→ Exercise prompt
Count the lines below that contain the word "them" and give only the number.

[Data records Boundary: Start]

-- ===== src/Mqtt/Topic/Levels.antt =====
-- core/aiot_mqtt_api.c: topic filters as lists of levels, and the match of levels that MQTT describes.
use aliyun_iot_arm.Prelude.{
  ℕ, ◌≡◌, refl, sym, ◌∙◌, subst, subst₂, ◌⊎◌, inl, inr, Bool, true, false, ◌&&◌, List, [], ◌∷◌,
  ◌++◌, arith, ◌==◌, if◌then◌else◌, All, Bytes, codes, str_eq,
}
use aliyun_iot_arm.Mqtt.Codes.{state_success, state_mqtt_topic_compare_failed}
use aliyun_iot_arm.Mqtt.Topic.{skip_level, compare_from, is_empty, is_parent, topic_compare}

-- The levels behind the first one, each with its slash.
abbrev pub tails : List Bytes → Bytes
tails [] = []
tails (m ∷ ms) = b'/' ∷ (m ++ tails ms)

-- The levels of a topic with a slash between them.
abbrev pub join : List Bytes → Bytes
join [] = []
join (l ∷ ls) = l ++ tails ls

abbrev pub no_levels : List Bytes → Bool
no_levels [] = true
no_levels (l ∷ ls) = false

-- `+` stands for one level, a last `#` for any number of levels and for none.
pub matches : List Bytes → List Bytes → Bool
unfolding str_eq
matches [] us = no_levels us
matches (l ∷ ls) [] = str_eq l (codes "#") && no_levels ls
matches (l ∷ ls) (u ∷ us) =
    let rest = matches ls us in
    if str_eq l (codes "#")
    then true
    else (if str_eq l (codes "+") then rest else str_eq l u && rest)

abbrev pub IsNot : ℕ → ℕ → Type 0
IsNot k c = (c == k) ≡ false

abbrev pub IsPlain : ℕ → Type 0
IsPlain c = IsNot b'/' c × IsNot b'+' c × IsNot b'#' c

-- A wildcard fills its level, and `#` is the last one.
abbrev pub IsFilter : List Bytes → Type 0
IsFilter [] = Unit
IsFilter (l ∷ ls) =
    (All IsPlain l ⊎ ((l ≡ b'+' ∷ []) ⊎ ((l ≡ b'#' ∷ []) × (ls ≡ [])))) × IsFilter ls

-- A topic of at least one level, whose last level is not empty.
abbrev pub IsTopic : List Bytes → Type 0
IsTopic [] = ⊥
IsTopic (u ∷ []) = All (IsNot b'/') u × (is_empty u ≡ false)
IsTopic (u ∷ v ∷ us) = All (IsNot b'/') u × IsTopic (v ∷ us)

is_parent_other : (c : ℕ) (s : Bytes) → IsNot b'/' c → is_parent (c ∷ s) ≡ false
is_parent_other c [] h = refl
is_parent_other c (d ∷ []) h = rw h
is_parent_other c (d ∷ e ∷ s) h = refl

is_parent-tails :
    (m : Bytes) (ms : List Bytes)
    → is_parent (b'/' ∷ (m ++ tails ms)) ≡ (str_eq m (b'#' ∷ []) && no_levels ms)
unfolding str_eq
is_parent-tails [] [] = refl
is_parent-tails [] ([] ∷ []) = refl
is_parent-tails [] ([] ∷ n ∷ ms) = refl
is_parent-tails [] ((c ∷ m) ∷ ms) = refl
is_parent-tails (e ∷ []) [] = ground arith
is_parent-tails (e ∷ []) (n ∷ ms) = ground arith
is_parent-tails (e ∷ f ∷ m) ms = ground arith

compare_past :
    (d : ℕ) (u : Bytes) (ls : List Bytes) → IsNot b'/' d → compare_from (tails ls) (d ∷ u) ≡ false
unfolding compare_from
compare_past d u [] h = refl
compare_past d u (m ∷ ms) h = ground arith

-- A level with no wildcard is compared character by character.
compare_plain :
    (l u : Bytes) (ls us : List Bytes)
    → All IsPlain l
    → All (IsNot b'/') u
    → compare_from (l ++ tails ls) (u ++ tails us)
      ≡ (str_eq l u && compare_from (tails ls) (tails us))
unfolding compare_from str_eq
compare_plain [] [] ls us hl hu = refl
compare_plain [] (d ∷ u) ls us hl hu = compare_past d (u ++ tails us) ls hu.0
compare_plain (c ∷ l) [] ls [] hl hu = is_parent_other c (l ++ tails ls) hl.0.0
compare_plain (c ∷ l) [] ls (v ∷ vs) hl hu = ground arith
compare_plain (c ∷ l) (d ∷ u) ls us hl hu = ground (arith, compare_plain l u ls us hl.1 hu.1)

skip_level-tails :
    (u : Bytes) (us : List Bytes) → All (IsNot b'/') u → skip_level (u ++ tails us) ≡ tails us
unfolding skip_level
skip_level-tails [] [] h = refl
skip_level-tails [] (v ∷ vs) h = refl
skip_level-tails (d ∷ u) us h = ground (arith, skip_level-tails u us h.1)

compare_plus :
    (u : Bytes) (ls us : List Bytes)
    → All (IsNot b'/') u
    → is_empty (u ++ tails us) ≡ false
    → compare_from (b'+' ∷ tails ls) (u ++ tails us) ≡ compare_from (tails ls) (tails us)
unfolding compare_from
compare_plus [] ls [] h e = cc
compare_plus [] [] (v ∷ vs) h e = refl
compare_plus [] (m ∷ ms) (v ∷ vs) h e = refl
compare_plus (d ∷ u) [] [] h e = ground (arith, skip_level-tails (d ∷ u) [] h)
compare_plus (d ∷ u) [] (v ∷ vs) h e = ground (arith, skip_level-tails (d ∷ u) (v ∷ vs) h)
compare_plus (d ∷ u) (m ∷ ms) us h e = ground (arith, skip_level-tails (d ∷ u) us h)

compare_hash : (u : Bytes) → is_empty u ≡ false → compare_from (b'#' ∷ []) u ≡ true
unfolding compare_from
compare_hash [] e = cc
compare_hash (d ∷ u) e = refl

IsTopic-head : (u : Bytes) (us : List Bytes) → IsTopic (u ∷ us) → All (IsNot b'/') u
IsTopic-head u [] h = h.0
IsTopic-head u (v ∷ us) h = h.0

is_empty-join : (us : List Bytes) → IsTopic us → is_empty (join us) ≡ false
is_empty-join [] h = absurd h
is_empty-join ([] ∷ []) h = h.1
is_empty-join ((c ∷ u) ∷ us) h = refl
is_empty-join ([] ∷ v ∷ us) h = refl

plain_ne :
    (l : Bytes) → All IsPlain l → (str_eq l (b'#' ∷ []) ≡ false) × (str_eq l (b'+' ∷ []) ≡ false)
unfolding str_eq
plain_ne [] h = (refl, refl)
plain_ne (c ∷ l) h = ground arith

-- The first levels, where what is behind them is compared by levels.
first_level :
    (l u : Bytes) (ls us : List Bytes)
    → IsFilter (l ∷ ls)
    → IsTopic (u ∷ us)
    → compare_from (tails ls) (tails us) ≡ matches ls us
    → compare_from (join (l ∷ ls)) (join (u ∷ us)) ≡ matches (l ∷ ls) (u ∷ us)
unfolding matches
first_level l u ls us (inl plain, f) t behind =
    let (not_hash, not_plus) = plain_ne l plain in
    compare_plain l u ls us plain (IsTopic-head u us t)
    ∙ rw (not_hash, matches) (rw not_plus (rw behind))
first_level l u ls us (inr (inl e), f) t behind =
    subst (λ x. compare_from (x ++ tails ls) (u ++ tails us) ≡ matches (x ∷ ls) (u ∷ us)) (sym e)
      (compare_plus u ls us (IsTopic-head u us t) (is_empty-join (u ∷ us) t) ∙ behind)
first_level l u ls us (inr (inr (e, last)), f) t behind =
    subst₂ (λ x xs. compare_from (x ++ tails xs) (u ++ tails us) ≡ matches (x ∷ xs) (u ∷ us))
      (sym e) (sym last) (compare_hash (u ++ tails us) (is_empty-join (u ∷ us) t))

compare_slash : (s t : Bytes) → compare_from (b'/' ∷ s) (b'/' ∷ t) ≡ compare_from s t
unfolding compare_from
compare_slash s t = refl

compare-matches :
    (l : Bytes) (ls us : List Bytes)
    → IsFilter (l ∷ ls)
    → IsTopic us
    → compare_from (join (l ∷ ls)) (join us) ≡ matches (l ∷ ls) us
compare-matches l ls [] f t = absurd t
compare-matches l [] (u ∷ []) f t = first_level l u [] [] f t (unfold compare_from matches in refl)
compare-matches l [] (u ∷ v ∷ us) f t =
    first_level l u [] (v ∷ us) f t (unfold compare_from matches in refl)
compare-matches l (m ∷ ms) (u ∷ []) f t =
    first_level l u (m ∷ ms) [] f t (unfold compare_from matches in is_parent-tails m ms)
compare-matches l (m ∷ ms) (u ∷ v ∷ us) f t =
    first_level l u (m ∷ ms) (v ∷ us) f t
      (compare_slash (join (m ∷ ms)) (join (v ∷ us)) ∙ compare-matches m ms (v ∷ us) f.1 t.1)

-- A filter whose wildcards are well placed takes exactly the topics whose levels it matches, of the
-- topics whose last level is not empty.
pub topic_compare-matches :
    (l : Bytes) (ls us : List Bytes)
    → IsFilter (l ∷ ls)
    → IsTopic us
    → topic_compare (join (l ∷ ls)) (join us)
      ≡ (if matches (l ∷ ls) us then state_success else state_mqtt_topic_compare_failed)
unfolding topic_compare
topic_compare-matches l ls us f t = rw (compare-matches l ls us f t)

[Data records Boundary: End]

→ Solution for this task
2